The Wilson address provided just the right context for the closing session on the Future of Social and Behavioral Sciences. Social psychologist Norman Bradburn, Assistant Director at the National Science Foundation (NSF) for the Social, Behavioral, and Economic Sciences; sociologist David Featherman, Director of the Institute for Social Research at the University of Michigan, and Barbara Torney, Executive Director of the Division of Behavioral and Social Sciences and Education at the National Academies of Sciences provided the right mix to forecast internal and external challenges and opportunities for the social sciences. Each panelist addressed what would be demanded of the social sciences and the substantive, methodological, and infrastructural transformations likely to take place as these sciences seek to realize new goals. The Panel concurred that the social sciences were studying an increasingly complex world that demanded collaboration across these disciplines and with other sciences.

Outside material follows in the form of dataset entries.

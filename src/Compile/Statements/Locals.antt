-- ===== src/Compile/Statements/Locals.antt =====
-- compile.go: values for registers (`compileRegAssignment`) and the declaration of local variables.
use gopher_lua.Prelude.{ℕ, Bool, false, ◌&&◌, List, [], ◌∷◌, length, ◌==◌, if◌then◌else◌}
use gopher_lua.Prelude.Int.{ℤ, pos, ◌+ℤ◌, ◌-ℤ◌}
use gopher_lua.Opcode
use gopher_lua.Opcode.{op_code}
use gopher_lua.Ast.{Exprs, no_exprs, exprs}
use gopher_lua.Compile.Fold.{is_var_arg_return_expr}
use gopher_lua.Compile.Refs.{ec_local, ec_vararg, ec_none, ecupdate}
use gopher_lua.Compile.Monad.{M, ◌>>=◌, ◌>>◌, return, emit_abc, top_reg}
use gopher_lua.Compile.Handlers.{Handlers, is_function, no_more_exprs}
use gopher_lua.Compile.Expressions.Functions.{declare_locals}
use gopher_lua.Compile.Statements.Assign.{compile_extra_exprs, drop_exprs}

-- What the first loop of `compileRegAssignment` leaves.
pub record Placed : Type 0 where
  pub reg : ℤ
  pub names : List (List ℕ)

module _ {N : Type 0} (C : Handlers N) where
  -- the first loop; `varargopt` is `nvars - namesassigned`
  unfoldable pub place_exprs : List (List ℕ) → Exprs N → ℤ → ℤ → M N (Placed)
  place_exprs [] es reg varargopt = return (record { reg = reg; names = [] })
  place_exprs (name ∷ names) no_exprs reg varargopt =
      return (record { reg = reg; names = name ∷ names })
  place_exprs (name ∷ names) (exprs e rest) reg varargopt =
      if is_var_arg_return_expr e && no_more_exprs rest
      then (do
        inc ← C.compile_expr reg e (ecupdate ec_vararg reg (varargopt -ℤ pos 1))
        return (record { reg = reg +ℤ varargopt; names = [] }))
      else (do
        inc ← C.compile_expr reg e (ecupdate ec_local reg (pos 0))
        place_exprs names rest (reg +ℤ pos 1) (varargopt -ℤ pos 1))

  -- the extra names; the result is `reg`
  unfoldable pub load_nils : List (List ℕ) → ℤ → ℤ → M N ℤ
  load_nils [] reg line = return reg
  load_nils (name ∷ names) reg line = do
    let restleft = pos (length names)
    emit_abc (op_code Opcode.op_loadnil) reg (reg +ℤ restleft) (pos 0) line
    return (reg +ℤ restleft)

  unfoldable pub compile_reg_assignment : List (List ℕ) → Exprs N → ℤ → ℕ → ℤ → M N (Unit {0})
  compile_reg_assignment names es reg nvars line = do
    placed ← place_exprs names es reg (pos nvars)
    behind ← load_nils placed.names placed.reg line
    end ←
        compile_extra_exprs C (λ r varargopt. ecupdate ec_none r varargopt)
          (drop_exprs C (length names) es) behind
    return tt

  -- `len(stmt.Names) == 1 && len(stmt.Exprs) == 1`, for a function
  abbrev pub is_local_function : List (List ℕ) → Exprs N → Bool
  is_local_function names no_exprs = false
  is_local_function names (exprs e rest) = length names == 1 && no_more_exprs rest && is_function e

  unfoldable pub compile_local_assign_stmt : List (List ℕ) → Exprs N → ℤ → M N (Unit {0})
  compile_local_assign_stmt names es line = do
    reg ← top_reg
    if is_local_function names es
        then (do declare_locals names; compile_reg_assignment names es reg (length names) line)
        else (do compile_reg_assignment names es reg (length names) line; declare_locals names)
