-- ===== src/Record/Command/Cpu.antt =====
-- The CPU share of record.py's samples, over two calls of `sample`.
use millionws.Base.{◌≡◌, sym, ap, subst, ◌∙◌, ◌++◌, Option, some, arith, inl, inr}
use millionws.Base.Int.{ℤ, pos, ◌-ℤ◌, scale}
use millionws.Base.Text.{Text, codes}
use millionws.Base.Dict.{Dict, lookup}
use millionws.Base.Result.{Result-cases, ok_injective, raised-ne-ok, ok}
use millionws.Record.Number.{Float, divide}
use millionws.Record.Parse.{read, kv, scrape_server}
use millionws.Record.Sampler.{
  Host, Sample, Sampler, new_sampler, sample, cpu_pct_of, next_cpu, field,
}
use millionws.Record.Page.{idle_line}
use millionws.Record.Command.{cmd_idle}

module _ (f : Float) where
  -- A host's cgroup states the CPU time, in microseconds.
  abbrev pub States : Text → Host f → ℤ → Type 0
  States cg h usage =
      (cpu : Dict ℤ) × (kv (read (h.file (cg ++ codes "/cpu.stat"))) ≡ ok cpu)
      × (lookup (codes "usage_usec") cpu ≡ some usage)

  pub sample-cpu :
      (h : Host f) (self : Sampler f) (cpu : Dict ℤ) {s : Sample f} {next : Sampler f}
      → kv (read (h.file (self.cg ++ codes "/cpu.stat"))) ≡ ok cpu
      → sample f h self ≡ ok (s, next)
      → (cpu_pct_of f self.last_cpu (lookup (codes "usage_usec") cpu) h.monotonic ≡ ok s.cpu_pct)
        × (next ≡ record self {
          last_cpu = next_cpu f self.last_cpu (lookup (codes "usage_usec") cpu) h.monotonic;
        })
  unfolding sample
  sample-cpu h self cpu k e = ground arith

  pub sample-conns :
      (h : Host f) (self : Sampler f) {s : Sample f} {next : Sampler f}
      → sample f h self ≡ ok (s, next)
      → s.server_conns ≡ field f (codes "server_conns") (scrape_server f h.metrics_page)
  unfolding sample
  sample-conns h self e = ground arith

  -- The share of one core, in percent and rounded, between two readings of the CPU time.
  abbrev pub share : ℤ × f.Carrier → ℤ × f.Carrier → f.Carrier
  share (u, t) (v, now) =
      f.round_1 (
        f.quotient (f.of_int (scale 100 (v -ℤ u))) (f.mul (f.sub now t) (f.of_int (pos 1_000_000))))

  cpu_pct_of-share :
      (u v : ℤ) (t now : f.Carrier) {pct : Option f.Carrier}
      → cpu_pct_of f (some (u, t)) (some v) now ≡ ok pct
      → pct ≡ some (share (u, t) (v, now))
  unfolding cpu_pct_of divide ◌-ℤ◌ scale
  cpu_pct_of-share u v t now e = ground arith

  -- After a first sample whose cgroup states the CPU time, a second sample of it that states the CPU
  -- time has as `cpu_pct` the share between the two readings, at the times that the clock read.
  pub sample-share :
      (self : Sampler f) (first second : Host f) (u v : ℤ) {s r : Sample f}
      {primed next : Sampler f}
      → sample f first self ≡ ok (s, primed)
      → sample f second primed ≡ ok (r, next)
      → States self.cg first u
      → States self.cg second v
      → (r.cpu_pct ≡ some (share (u, first.monotonic) (v, second.monotonic))) × (next.cg ≡ self.cg)
  sample-share self first second u v {s} {r} {primed} {next} e d (cpu, k, l) (cpu', k', l') =
      let counting : Sampler f = record self { last_cpu = some (u, first.monotonic) } in
      let counted : primed ≡ counting = rw l at (sample-cpu first self cpu k e).1 in
      let (pct, kept) =
        sample-cpu second counting cpu' k'
          (subst (λ (q : Sampler f). sample f second q ≡ ok (r, next)) counted d) in
      (cpu_pct_of-share u v first.monotonic second.monotonic (rw l' at pct), ap (λ q. q.cg) kept)

  -- The idle sample that `cmd_idle` stores, where the cgroup states the CPU time at both samples, has
  -- as `cpu_pct` the share between the two readings: the first sample has set the counter.
  pub cmd_idle-share :
      (cgroup : Text) (first second : Host f) (sampler : Sampler f) (u v : ℤ) {s : Sample f}
      {line : Text}
      → new_sampler f cgroup ≡ ok sampler
      → cmd_idle f cgroup first second ≡ ok (s, line)
      → States sampler.cg first u
      → States sampler.cg second v
      → s.cpu_pct ≡ some (share (u, first.monotonic) (v, second.monotonic))
  unfolding cmd_idle
  cmd_idle-share cgroup first second sampler u v {s} {line} k e h h' =
      elim (Result-cases (sample f first sampler)) [
        | inr (x, failed) ↦ absurd (raised-ne-ok x (s, line) (rw (k, failed) at e))
        | inl ((t, primed), sampled) ↦ elim (Result-cases (sample f second primed)) [
          | inr (x, failed) ↦ absurd (raised-ne-ok x (s, line) (rw (k, sampled, failed) at e))
          | inl ((r, next), again) ↦
              let same : (r, idle_line f r) ≡ (s, line) =
                ok_injective _ _ (rw (k, sampled, again) at e) in
              ap (λ (q, _). q.cpu_pct) (sym same)
              ∙ (sample-share sampler first second u v sampled again h h').0
        ]
      ]
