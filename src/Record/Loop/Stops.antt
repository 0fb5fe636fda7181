-- ===== src/Record/Loop/Stops.antt =====
-- The time limit of record.py's loop, for rounds that take the time of their sleep.
use millionws.Base.{
  ℕ, suc, ◌+◌, ◌*◌, ◌≤◌, ◌<◌, ◌≡◌, refl, Bool, true, false, List, [], ◌∷◌, ◌++◌, length, All, arith,
  inl, inr,
}
use millionws.Base.Int.{pos}
use millionws.Base.Result.{ok, raised, is_raised}
use millionws.Record.Number.{Float}
use millionws.Record.Sampler.{Sample}
use millionws.Record.Loop.{
  Args, Clock, ticks_per_second, has_passed, Progress, go_on, Round, Decision-cases, Ending,
  stopped, failed, running, decide, run_loop, run, begin,
}

module _ (f : Float) where
  abbrev pub is_stopped : Ending f → Bool
  is_stopped (stopped rows reason) = true
  is_stopped (failed e) = false
  is_stopped (running rows) = false

  -- The clock of `time.sleep(STEP)`: the round `k`, from 0, ends 2 * (k + 1) seconds or more behind
  -- the start.
  abbrev pub Paced : ℕ → ℕ → List (Round f) → Type 0
  Paced start k [] = Unit
  Paced start k ((r, c) ∷ rounds) =
      (start + ticks_per_second * (2 * suc k) ≤ c.at_limit) × Paced start (suc k) rounds

  pub goes_on_below_limit :
      (args : Args) (start : ℕ) (p : Progress f) (s : Sample f) (c : Clock) {p' : Progress f}
      → decide f args start p s c ≡ go_on p'
      → has_passed args.max start c.at_limit ≡ false
  unfolding decide
  goes_on_below_limit args start p s c h = ground arith

  pub not-passed :
      (m start k now : ℕ)
      → has_passed (pos m) start now ≡ false
      → start + ticks_per_second * (2 * suc k) ≤ now
      → 2 * suc k < m
  unfolding has_passed
  not-passed m start k now h late = ground arith

  run_loop_stops :
      (args : Args) (start m k : ℕ) (p : Progress f) (rows : List (Sample f))
      (rounds : List (Round f))
      → args.max ≡ pos m
      → All (λ (r, _). is_raised r ≡ false) rounds
      → Paced start k rounds
      → 0 < length rounds
      → m ≤ 2 * (k + length rounds)
      → is_stopped (run_loop f args start p rows rounds) ≡ true
  unfolding run_loop
  run_loop_stops args start m k p rows [] max fine paced some_left enough = absurd (omega arith)
  run_loop_stops args start m k p rows ((raised e, c) ∷ rounds) max fine paced some_left enough = cc
  run_loop_stops args start m k p rows ((ok s, c) ∷ rounds) max fine paced some_left enough =
      elim (Decision-cases f (decide f args start p s c)) [
        | inr (r, e) ↦ rw (e, run_loop) refl
        | inl (p', e) ↦
            let below : 2 * suc k < m =
              not-passed m start k c.at_limit (rw max at (goes_on_below_limit args start p s c e))
                paced.0 in
            rw (e, run_loop)
              (run_loop_stops args start m (suc k) p' (rows ++ (s ∷ [])) rounds max fine.1 paced.1
                (omega arith) (omega arith))
      ]

  -- If `max` is not negative, no sample raises, and each round takes the two seconds of its sleep, a
  -- run ends within max / 2 rounds: after any number of rounds that is not zero and is at least that,
  -- the loop has stopped with a reason.
  pub run_stops :
      (args : Args) (start m : ℕ) (rounds : List (Round f))
      → args.max ≡ pos m
      → All (λ (r, _). is_raised r ≡ false) rounds
      → Paced start 0 rounds
      → 0 < length rounds
      → m ≤ 2 * length rounds
      → is_stopped (run f args start rounds) ≡ true
  unfolding run
  run_stops args start m rounds max fine paced some_left enough =
      run_loop_stops args start m 0 (begin f start) [] rounds max fine paced some_left (omega arith)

The COSSA annual meeting and all of the sessions unfolded in the context of the tragedy of September 11, the War on Terrorism, and other intervening events. Many questions from attendees were addressed to how this new situation could define what knowledge is needed and what the social sciences do and should do. The skill of social science as problem finder as well as problem solver was considered a genuine asset especially in these complex and challenging times.

Despite the seriousness of the event and of the times, the COSSA annual meeting was an occasion to acknowledge what had been achieved by COSSA and by the social sciences in the past two decades. President of COSSA, economist, and statistician, Janet Norwood, captured the substantive and strategic strengths of COSSA and its Executive Director Howard Silver in a “standing” toast to Silver and to the present and the future of social science. A well-attended reception capped this full day conference and anniversary event. Scientists and science policy leaders present to celebrate included microbiologist Rita Caldwell, Director of NSF.

A background report, Fostering Human Progress: Social and Behavioral Science Research Contributions to Public Policy, was published in October to celebrate the 20 years of COSSA. The report is available through COSSA at 1522 K Street, NW, Suite 836, Washington, DC 2005. A PDF file is also on COSSA’s homepage at www.cossa.org.